An increasing number of patients are disappointed with their scars, as demonstrated in one American survey71. Many patients would value any opportunity to improve or minimise scarring following surgery or trauma71 and seek medical help for the improvement of appearance of existing unpleasant scars. Based on the German Guidelines for the treatment of pathological scarring, most of the propagated therapeutic approaches may be used for both hypertrophic and keloid scarring23. Nevertheless, clinical differentiation between hypertrophic and keloid scars (according to Mancini2 and Peacock3) is paramount before the initiation of any treatment — particularly before starting any surgical or ablative laser-related manipulations, owing to increased recurrence rates with keloids.

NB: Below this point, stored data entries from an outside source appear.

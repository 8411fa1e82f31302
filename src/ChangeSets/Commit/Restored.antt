-- ===== src/ChangeSets/Commit/Restored.antt =====
-- A commit of app/services/change_set_store.py that fails gives the files of the worktree back, where
-- `git apply` touches no file but those of the change set.
use test_gpt_local.ChangeSets.Commit.{text_is}
use test_gpt_local.Prelude.{
  ℕ, ◌≡◌, ◌≢◌, refl, sym, ap, subst, ◌∙◌, String, Bool, true, false, List, if◌then◌else◌, Option,
  none, some, inl, inr, ◌⊎◌, Bool-cases, All,
}
use test_gpt_local.Prelude.Text.{eq_refl}
use test_gpt_local.Prelude.Dict.{IsUnique}
use test_gpt_local.Prelude.Result.{Result, ok, err}
use test_gpt_local.ChangeSets.State.{
  Status, validated, recovery_required, committed, opened, ErrorCode, Phase, commit_intent,
  applying, files_applied, complete, phase_rolled_back, Files, FileRow, Saved, Checkout,
  no_workspace, no_worktree, worktree, Local, Tools, not_validated, invalid_state,
}
use test_gpt_local.ChangeSets.Files.{snapshot_rollback, restore}
use test_gpt_local.ChangeSets.Files.Restore.{
  paths, IsAllowed, IsClear, AgreesBut, Same, restore-snapshot_rollback,
}
use test_gpt_local.ChangeSets.Commit.{
  Outcome, and_then, journal, on_worktree, check_patch, apply_patch, check_after, finish, attempt,
  give_up, close_undone, proven, undo_from, undo, run_patch, run_commit, ready, run_ready, commit,
  replay,
}
use test_gpt_local.ChangeSets.Commit.Captured.{attempt-captured}
use test_gpt_local.ChangeSets.Commit.Ends.{journal-keeps}
use test_gpt_local.ChangeSets.Commit.Atomic.{ready-Started}

abbrev snd : Outcome Unit → Local
snd (r, l) = l

-- The call returned, or the worktree has the files of `t` and the change set is not in doubt.
abbrev pub GaveBack : Tools → Files → Outcome Unit → Type 0
GaveBack tools t o =
    (o.0 ≡ ok tt)
    ⊎ ((o.1.row.status ≢ recovery_required)
        × ((u : Files) × (o.1.checkout ≡ worktree u) × Same tools t u))

module _ (tools : Tools) (items : List FileRow) (patch : String) where
  -- `git apply` of the patch leaves the files outside the change set as they are, also where it fails,
  -- and the tree of a worktree depends on its files alone.
  pub record IsCareful : Type 0 where
    pub unique : (t : Files) → IsUnique t → IsUnique (tools.apply patch t).1
    pub agrees : (t : Files) → AgreesBut tools (paths items) t (tools.apply patch t).1
    pub by_files : (t u : Files) → Same tools t u → tools.worktree_tree u ≡ tools.worktree_tree t

  -- The worktree has the files of `t`, but for those of the change set.
  abbrev Near : Files → Checkout → Type 0
  Near t c = (u : Files) × (c ≡ worktree u) × IsUnique u × AgreesBut tools (paths items) t u

  module _ (careful : IsCareful) (t : Files) where
    and_then-Near :
        (m : Outcome Unit) (f : Local → Outcome Unit)
        → Near t m.1.checkout
        → ((l1 : Local) → Near t l1.checkout → Near t (f l1).1.checkout)
        → Near t (and_then m f).1.checkout
    and_then-Near (ok u, l1) f a b = b l1 a
    and_then-Near (err e, l1) f a b = a

    Near-same : {c d : Checkout} → d ≡ c → Near t c → Near t d
    Near-same e a = subst (Near t) (sym e) a

    if_same :
        (b : Bool) (e : ErrorCode) (l : Local) → snd (if b then (ok tt, l) else (err e, l)) ≡ l
    if_same true e l = refl
    if_same false e l = refl

    on_worktree_same :
        (c : Checkout) (e : ErrorCode) (l : Local) (f : Files → Outcome Unit)
        → ((u : Files) → snd (f u) ≡ l)
        → snd (on_worktree tools c (err e, l) f) ≡ l
    on_worktree_same no_workspace e l f h = refl
    on_worktree_same no_worktree e l f h = refl
    on_worktree_same (worktree u) e l f h = h u

    check_patch-Near :
        (l : Local) → Near t l.checkout → Near t (check_patch tools patch l).1.checkout
    unfolding check_patch
    check_patch-Near l = Near-same (
        ap (λ x. x.checkout)
          (on_worktree_same l.checkout _ l _ (λ u. if_same (tools.applies patch u) _ l)))

    check_after-Near :
        (after : String) (l : Local)
        → Near t l.checkout
        → Near t (check_after tools after l).1.checkout
    unfolding check_after
    check_after-Near after l = Near-same (
        ap (λ x. x.checkout)
          (on_worktree_same l.checkout _ l _
            (λ u. if_same (text_is (tools.worktree_tree u) after) _ l)))

    apply_patch-Near :
        (l : Local) → Near t l.checkout → Near t (apply_patch tools patch l).1.checkout
    unfolding apply_patch
    apply_patch-Near l (u, e, unique, a) =
        rw e (_, refl, careful.unique u unique, λ p h. careful.agrees u p h ∙ a p h)

    module _ (writable : Phase → Bool) (now : ℕ) where
      journal-Near :
          (p : Phase) (l : Local) → Near t l.checkout → Near t (journal writable now p l).1.checkout
      journal-Near p l = Near-same (journal-keeps tools writable now p l).1

      attempt-Near :
          (after : String) (l : Local)
          → Near t l.checkout
          → Near t (attempt tools writable now patch after l).1.checkout
      unfolding attempt finish
      attempt-Near after l n =
          and_then-Near (check_patch tools patch l) _ (check_patch-Near l n) λ l1 n1.
            and_then-Near (journal writable now applying l1) _ (journal-Near applying l1 n1)
              λ l2 n2.
                and_then-Near (apply_patch tools patch l2) _ (apply_patch-Near l2 n2) λ l3 n3.
                  and_then-Near (check_after tools after l3) _ (check_after-Near after l3 n3)
                    λ l4 n4.
                      and_then-Near (journal writable now files_applied l4) _
                        (journal-Near files_applied l4 n4) λ l5 n5. journal-Near complete _ n5

      proven-Back :
          (e : ErrorCode) (restored : Bool) (v : Files) (l : Local)
          → restored ≡ true
          → Same tools t v
          → tools.worktree_tree t ≡ some l.row.before_tree
          → GaveBack tools t (proven tools writable now e restored v l)
      unfolding proven close_undone journal
      proven-Back e restored v l r same b =
          rw (r, careful.by_files t v same ∙ b, eq_refl)
            (elim (Bool-cases (writable phase_rolled_back)) [
              | inl w ↦ rw w (inr (λ h. cc, (v, refl, same)))
              | inr w ↦ rw w (inr (λ h. cc, (v, refl, same)))
            ])

      undo_from-Back :
          (snapshot : List Saved) (e : ErrorCode) (l : Local) (u : Files)
          → IsClear tools (paths items) t items
          → All (IsAllowed tools) items
          → snapshot_rollback tools items t ≡ some snapshot
          → tools.worktree_tree t ≡ some l.row.before_tree
          → l.checkout ≡ worktree u
          → IsUnique u
          → AgreesBut tools (paths items) t u
          → GaveBack tools t (undo_from tools writable now e (some snapshot) l)
      unfolding undo_from
      undo_from-Back snapshot e l u clear allowed s b c unique a =
          let (x, y) =
            restore-snapshot_rollback tools items t u snapshot clear allowed s unique a in
          subst
            (λ k. GaveBack tools t (
              on_worktree tools k (give_up tools writable now l) (λ t'.
                proven tools writable now e (restore tools snapshot t').0
                  (restore tools snapshot t').1 l)))
            (sym c) (proven-Back e _ _ l x y b)

      undo-Back :
          (snapshot : List Saved) (o : Outcome Unit)
          → IsClear tools (paths items) t items
          → All (IsAllowed tools) items
          → snapshot_rollback tools items t ≡ some snapshot
          → o.1.directory.rollback ≡ some snapshot
          → tools.worktree_tree t ≡ some o.1.row.before_tree
          → Near t o.1.checkout
          → GaveBack tools t (undo tools writable now o)
      unfolding undo
      undo-Back snapshot (ok u, l) clear allowed s r b n = inl refl
      undo-Back snapshot (err e, l) clear allowed s r b (u, c, unique, a) =
          subst (λ k. GaveBack tools t (undo_from tools writable now e k l)) (sym r)
            (undo_from-Back snapshot e l u clear allowed s b c unique a)

      run_attempt-Back :
          (after : String) (snapshot : List Saved) (l : Local)
          → IsClear tools (paths items) t items
          → All (IsAllowed tools) items
          → snapshot_rollback tools items t ≡ some snapshot
          → l.directory.rollback ≡ some snapshot
          → tools.worktree_tree t ≡ some l.row.before_tree
          → l.checkout ≡ worktree t
          → IsUnique t
          → GaveBack tools t (undo tools writable now (attempt tools writable now patch after l))
      run_attempt-Back after snapshot l clear allowed s r b c unique =
          let kept = attempt-captured tools writable now patch after l in
          undo-Back snapshot (attempt tools writable now patch after l) clear allowed s
            (ap (λ x. x.2) kept ∙ r) (b ∙ ap some (sym (ap (λ x. x.1) kept)))
            (attempt-Near after l (t, c, unique, λ p h. refl))

module _ (tools : Tools) (items : List FileRow) (t : Files) (writable : Phase → Bool)
    (now : ℕ) where
  run_patch-Back :
      (after : String) (snapshot : List Saved) (o : Option String) (l : Local)
      → ((patch : String) → o ≡ some patch → IsCareful tools items patch)
      → IsClear tools (paths items) t items
      → All (IsAllowed tools) items
      → snapshot_rollback tools items t ≡ some snapshot
      → l.directory.rollback ≡ some snapshot
      → tools.worktree_tree t ≡ some l.row.before_tree
      → l.row.status ≢ recovery_required
      → l.checkout ≡ worktree t
      → IsUnique t
      → GaveBack tools t (run_patch tools writable now after o l)
  unfolding run_patch
  run_patch-Back after snapshot none l careful clear allowed s r b n c unique =
      inr (n, (t, c, λ p. refl))
  run_patch-Back after snapshot (some patch) l careful clear allowed s r b n c unique =
      run_attempt-Back tools items patch (careful patch refl) t writable now after snapshot l clear
        allowed s r b c unique

  run_commit-GaveBack :
      (after : String) (snapshot : List Saved) (l : Local)
      → ((patch : String) → l.directory.final_patch ≡ some patch → IsCareful tools items patch)
      → IsClear tools (paths items) t items
      → All (IsAllowed tools) items
      → snapshot_rollback tools items t ≡ some snapshot
      → tools.worktree_tree t ≡ some l.row.before_tree
      → l.checkout ≡ worktree t
      → IsUnique t
      → GaveBack tools t (run_commit tools writable now after snapshot l)
  unfolding run_commit journal
  run_commit-GaveBack after snapshot l careful clear allowed s b c unique =
      elim (Bool-cases (writable commit_intent)) [
        | inr w ↦ rw w (inr (λ h. cc, (t, c, λ p. refl)))
        | inl w ↦ rw w (
            run_patch-Back after snapshot l.directory.final_patch _ careful clear allowed s refl b
              (λ h. cc) c unique)
      ]

-- Where the worktree is there, `git apply` of the final patch touches no file but those of the change
-- set, which the path guard allows, nothing but regular files that can be replaced and removed stands
-- at their paths, in whatever tree that differs from the worktree at most there, and git reads a
-- worktree's tree from its files alone, failing included, a commit of a change set that is not in
-- doubt returns, or it leaves the worktree with the files that it had, and recovery is not required.
pub commit-GaveBack :
    (tools : Tools) (writable : Phase → Bool) (digest : String) (expected : Option String) (now : ℕ)
    (l : Local) (t : Files)
    → ((patch : String) → l.directory.final_patch ≡ some patch → IsCareful tools l.row.files patch)
    → IsClear tools (paths l.row.files) t l.row.files
    → All (IsAllowed tools) l.row.files
    → l.checkout ≡ worktree t
    → IsUnique t
    → l.row.status ≢ recovery_required
    → GaveBack tools t (commit tools writable digest expected now l)
unfolding commit
commit-GaveBack tools writable digest expected now l t careful clear allowed c unique n =
    by_status l.row.status refl
  where
    same_worktree : {a b : Files} → worktree a ≡ worktree b → a ≡ b
    same_worktree h = cc

    refused_back : (e : ErrorCode) → GaveBack tools t (err e, l)
    refused_back e = inr (n, (t, c, λ p. refl))

    by_ready :
        l.row.status ≡ validated
        → (r : Result ErrorCode (String × List Saved)) → ready tools digest expected l ≡ r
        → GaveBack tools t (run_ready tools writable now l r)
    by_ready v (err e) h = refused_back e
    by_ready v (ok (after, snapshot)) h =
        let (started, (t1, c1, s)) = ready-Started tools digest expected l after snapshot v h in
        let (t2, c2, b) = started.unchanged in
        run_commit-GaveBack tools l.row.files t writable now after snapshot l careful clear allowed
          (subst (λ x. snapshot_rollback tools l.row.files x ≡ some snapshot)
            (same_worktree (sym c1 ∙ c)) s)
          (subst (λ x. tools.worktree_tree x ≡ some l.row.before_tree) (same_worktree (sym c2 ∙ c))
            b)
          c unique

    by_status :
        (s : Status)
        → l.row.status ≡ s
        → GaveBack tools t (elim s [
          | committed ↦ replay tools digest l
          | validated ↦ run_ready tools writable now l (ready tools digest expected l)
          | opened ↦ (err not_validated, l)
          | _ ↦ (err invalid_state, l)
        ])
    by_status opened e = refused_back not_validated
    by_status validated e = by_ready e _ refl
    by_status committed e = inr (n, (t, c, λ p. refl))
    by_status _ e = refused_back invalid_state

Intralesional corticosteroid injections

Intralesional steroid injections have gained popularity as one of the most common approaches to improve hypertrophic scar and keloid formation since the mid-1960s72. Effects of corticosteroids primarily result from their suppressive effects on the inflammatory process in the wound36, and secondarily, from reduced collagen and glycosaminoglycan synthesis, as well as inhibition of fibroblast growth73. Three to four injections of triamcinolone acetonide (TAC; 10–40 mg/ml) every 2–4 weeks are generally sufficient, although injections continue for 6 months or more72. When used alone, intralesional corticosteroid injections have the best effect on younger keloids and can provide symptomatic relief.

For older hypertrophic scars and keloids, combination with cryotherapy may show more effective results74, 75 and represents the most widely used modality in the authors’ daily practice. Indeed, the combination of cryotherapy with intralesional TAC injections seems to yield marked improvement of hypertrophic scars and keloids76–78. The authors recommend cryotherapy directly before the administration of intralesional TAC injections, as success rates appear to be increased based on the larger amount of TAC that can be injected owing to dermal oedema formation caused by cryotherapy. Side-effects include dermal atrophy, telangiectasia (Figure 5), and pain at the site of injection. The latter can be avoided by using a topical anaesthesia and/or regional injections of local anaesthetic around the scars to be injected79.